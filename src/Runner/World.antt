-- ===== src/Runner/World.antt =====
-- The ports of internal/biz/inference/runner.go, their calls and answers, and the effect monad.
-- A port's answer may depend on every call made before it, which is all that the runner can
-- observe of a database, a cluster or another service.
use ani_inference_service.Prelude.{
  false, true, ℕ, err, List, ◌∷◌, Result, Bool, Option, if◌then◌else◌, String, ok,
}
use ani_inference_service.Gpu.{Snapshot}
use ani_inference_service.Operation.{OperationPhase, OperationStep}
use ani_inference_service.Failure.{Error}
use ani_inference_service.Runner.State.{
  Item, Reservation, Publication, PodRef, OperationContext, RuntimeObservation, ModelObservation,
  StepTransition, AuditEvent,
}

-- A call of a method of one of the ports.
pub data Call : Type 0 where
  current_operation : Item → Call
  advance_step : StepTransition → Call
  retry_step : StepTransition → ℕ → Call
  advance_step_with_audit : StepTransition → AuditEvent → Call
  retry_step_with_audit : StepTransition → ℕ → AuditEvent → Call
  append_audit : AuditEvent → Call
  save_quota : Reservation → Call
  save_publication : Publication → Call
  save_runtime : OperationContext → RuntimeObservation → Call
  save_release_pods : OperationContext → List PodRef → Call
  load_release_pods : OperationContext → Call
  mark_materializing : OperationContext → Call
  save_model : OperationContext → ModelObservation → Call
  save_gpu_snapshot : OperationContext → Snapshot → Call
  admit ensure_model cleanup_model resolve_gpu : OperationContext → Call
  quota_get : String → String → Call
  quota_reserve quota_confirm quota_release : Reservation → Call
  withdraw confirm_withdrawn publish confirm_published endpoint : Publication → Call
  apply_cr apply_runtime observe_runtime : OperationContext → Call
  delete_runtime observe_absence delete_cr release_managed_gpu : OperationContext → Call

-- A call with whether it returned without an error.
pub record Event : Type 0 where
  pub call : Call
  pub succeeded : Bool

-- The newest call first.
abbrev pub History : Type 0
History = List Event

-- The answers of the ports. An optional port is there or not for the life of the runner.
pub record World : Type 0 where
  pub has_store : Bool
  pub has_admission : Bool
  pub has_model : Bool
  pub has_gpu : Bool
  pub has_quota : Bool
  pub has_publication : Bool
  pub has_runtime : Bool
  pub has_managed_gpu_release : Bool
  pub has_audit : Bool
  pub store_is_atomic : Bool
  pub store_keeps_models : Bool
  pub store_keeps_gpu_snapshots : Bool
  pub store_keeps_release_pods : Bool
  pub publication_resolves_endpoints : Bool
  -- The runner's `RetryAfter` in nanoseconds, 0 where it is not positive.
  pub retry_after : ℕ
  pub current_operation : History → Item → Result Error OperationContext
  -- The calls that return only an error.
  pub acknowledge : History → Call → Result Error Unit
  pub load_release_pods : History → OperationContext → Result Error (List PodRef)
  pub ensure_model : History → OperationContext → Result Error ModelObservation
  pub resolve_gpu : History → OperationContext → Result Error (Option Snapshot)
  pub quota_get : History → String → String → Result Error Reservation
  pub quota_reserve : History → Reservation → Result Error Reservation
  pub confirm_withdrawn : History → Publication → Result Error Bool
  pub confirm_published : History → Publication → Result Error Bool
  pub endpoint : History → Publication → Result Error String
  pub observe_runtime : History → OperationContext → Result Error RuntimeObservation
  pub observe_absence : History → OperationContext → Result Error RuntimeObservation
  -- `time.Now().UTC().Format(time.RFC3339Nano)`.
  pub now : History → String
  -- `uuid.NewSHA1` of the operation's id, phase, step and attempt.
  pub event_uuid : String → OperationPhase → OperationStep → ℕ → String

-- A computation that calls ports and returns a value or an error.
abbrev pub Exec : Type 0 → Type 0
Exec A = History → Result Error A × History

abbrev pub is_ok : {A : Type 0} → Result Error A → Bool
is_ok (ok a) = true
is_ok (err e) = false

module _ {A : Type 0} where
  unfoldable pub return : A → Exec A
  return a h = (ok a, h)

  unfoldable pub fail : Error → Exec A
  fail e h = (err e, h)

  -- `if err != nil { return err }` behind a call that needs no port.
  unfoldable pub lift : Result Error A → Exec A
  lift r h = (r, h)

  -- Calls a port and writes the call down.
  unfoldable pub perform : Call → (History → Result Error A) → Exec A
  perform c answer h = let r = answer h in (r, record { call = c; succeeded = is_ok r } ∷ h)

  -- Reads the clock.
  unfoldable pub gets : (History → A) → Exec A
  gets f h = (ok (f h), h)

  -- The error as a value, for code that looks at it.
  unfoldable pub attempt : Exec A → Exec (Result Error A)
  attempt m h = let (r, h') = m h in (ok r, h')

-- `if !test { return err }`.
unfoldable pub require : Bool → Error → Exec Unit
require test e h = if test then (ok tt, h) else (err e, h)

module _ {A B : Type 0} where
  unfoldable pub continue : Result Error A → (A → Exec B) → Exec B
  continue (ok a) f h = f a h
  continue (err e) f h = (err e, h)

  infixl 5 ◌>>=◌
  -- Opening this opens every way to build a computation.
  unfoldable pub ◌>>=◌ : Exec A → (A → Exec B) → Exec B
  unfolding return fail lift perform gets attempt require continue
  ◌>>=◌ m f h = let (r, h') = m h in continue r f h'

infixl 5 ◌>>◌
abbrev pub ◌>>◌ : {B : Type 0} → Exec Unit → Exec B → Exec B
m >> k = m >>= λ _. k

● ● ● ●

* Task objective
Could you restate the listing above word for word?

* Output
filename src/Runner/World.antt
-- ===== src/Runner/World.antt =====
-- The ports of internal/biz/inference/runner.go, their calls and answers, and the effect monad.
-- A port's answer may depend on every call made before it, which is all that the runner can
-- observe of a database, a cluster or another service.
use ani_inference_service.Prelude.{
  false, true, ℕ, err, List, ◌∷◌, Result, Bool, Option, if◌then◌else◌, String, ok,
}
use ani_inference_service.Gpu.{Snapshot}
use ani_inference_service.Operation.{OperationPhase, OperationStep}
use ani_inference_service.Failure.{Error}
use ani_inference_service.Runner.State.{
  Item, Reservation, Publication, PodRef, OperationContext, RuntimeObservation, ModelObservation,
  StepTransition, AuditEvent,
}

-- A call of a method of one of the ports.
pub data Call : Type 0 where
  current_operation : Item → Call
  advance_step : StepTransition → Call
  retry_step : StepTransition → ℕ → Call
  advance_step_with_audit : StepTransition → AuditEvent → Call
  retry_step_with_audit : StepTransition → ℕ → AuditEvent → Call
  append_audit : AuditEvent → Call
  save_quota : Reservation → Call
  save_publication : Publication → Call
  save_runtime : OperationContext → RuntimeObservation → Call
  save_release_pods : OperationContext → List PodRef → Call
  load_release_pods : OperationContext → Call
  mark_materializing : OperationContext → Call
  save_model : OperationContext → ModelObservation → Call
  save_gpu_snapshot : OperationContext → Snapshot → Call
  admit ensure_model cleanup_model resolve_gpu : OperationContext → Call
  quota_get : String → String → Call
  quota_reserve quota_confirm quota_release : Reservation → Call
  withdraw confirm_withdrawn publish confirm_published endpoint : Publication → Call
  apply_cr apply_runtime observe_runtime : OperationContext → Call
  delete_runtime observe_absence delete_cr release_managed_gpu : OperationContext → Call

-- A call with whether it returned without an error.
pub record Event : Type 0 where
  pub call : Call
  pub succeeded : Bool

-- The newest call first.
abbrev pub History : Type 0
History = List Event

-- The answers of the ports. An optional port is there or not for the life of the runner.
pub record World : Type 0 where
  pub has_store : Bool
  pub has_admission : Bool
  pub has_model : Bool
  pub has_gpu : Bool
  pub has_quota : Bool
  pub has_publication : Bool
  pub has_runtime : Bool
  pub has_managed_gpu_release : Bool
  pub has_audit : Bool
  pub store_is_atomic : Bool
  pub store_keeps_models : Bool
  pub store_keeps_gpu_snapshots : Bool
  pub store_keeps_release_pods : Bool
  pub publication_resolves_endpoints : Bool
  -- The runner's `RetryAfter` in nanoseconds, 0 where it is not positive.
  pub retry_after : ℕ
  pub current_operation : History → Item → Result Error OperationContext
  -- The calls that return only an error.
  pub acknowledge : History → Call → Result Error Unit
  pub load_release_pods : History → OperationContext → Result Error (List PodRef)
  pub ensure_model : History → OperationContext → Result Error ModelObservation
  pub resolve_gpu : History → OperationContext → Result Error (Option Snapshot)
  pub quota_get : History → String → String → Result Error Reservation
  pub quota_reserve : History → Reservation → Result Error Reservation
  pub confirm_withdrawn : History → Publication → Result Error Bool
  pub confirm_published : History → Publication → Result Error Bool
  pub endpoint : History → Publication → Result Error String
  pub observe_runtime : History → OperationContext → Result Error RuntimeObservation
  pub observe_absence : History → OperationContext → Result Error RuntimeObservation
  -- `time.Now().UTC().Format(time.RFC3339Nano)`.
  pub now : History → String
  -- `uuid.NewSHA1` of the operation's id, phase, step and attempt.
  pub event_uuid : String → OperationPhase → OperationStep → ℕ → String

-- A computation that calls ports and returns a value or an error.
abbrev pub Exec : Type 0 → Type 0
Exec A = History → Result Error A × History

abbrev pub is_ok : {A : Type 0} → Result Error A → Bool
is_ok (ok a) = true
is_ok (err e) = false

module _ {A : Type 0} where
  unfoldable pub return : A → Exec A
  return a h = (ok a, h)

  unfoldable pub fail : Error → Exec A
  fail e h = (err e, h)

  -- `if err != nil { return err }` behind a call that needs no port.
  unfoldable pub lift : Result Error A → Exec A
  lift r h = (r, h)

  -- Calls a port and writes the call down.
  unfoldable pub perform : Call → (History → Result Error A) → Exec A
  perform c answer h = let r = answer h in (r, record { call = c; succeeded = is_ok r } ∷ h)

  -- Reads the clock.
  unfoldable pub gets : (History → A) → Exec A
  gets f h = (ok (f h), h)

  -- The error as a value, for code that looks at it.
  unfoldable pub attempt : Exec A → Exec (Result Error A)
  attempt m h = let (r, h') = m h in (ok r, h')

-- `if !test { return err }`.
unfoldable pub require : Bool → Error → Exec Unit
require test e h = if test then (ok tt, h) else (err e, h)

module _ {A B : Type 0} where
  unfoldable pub continue : Result Error A → (A → Exec B) → Exec B
  continue (ok a) f h = f a h
  continue (err e) f h = (err e, h)

  infixl 5 ◌>>=◌
  -- Opening this opens every way to build a computation.
  unfoldable pub ◌>>=◌ : Exec A → (A → Exec B) → Exec B
  unfolding return fail lift perform gets attempt require continue
  ◌>>=◌ m f h = let (r, h') = m h in continue r f h'

infixl 5 ◌>>◌
abbrev pub ◌>>◌ : {B : Type 0} → Exec Unit → Exec B → Exec B
m >> k = m >>= λ _. k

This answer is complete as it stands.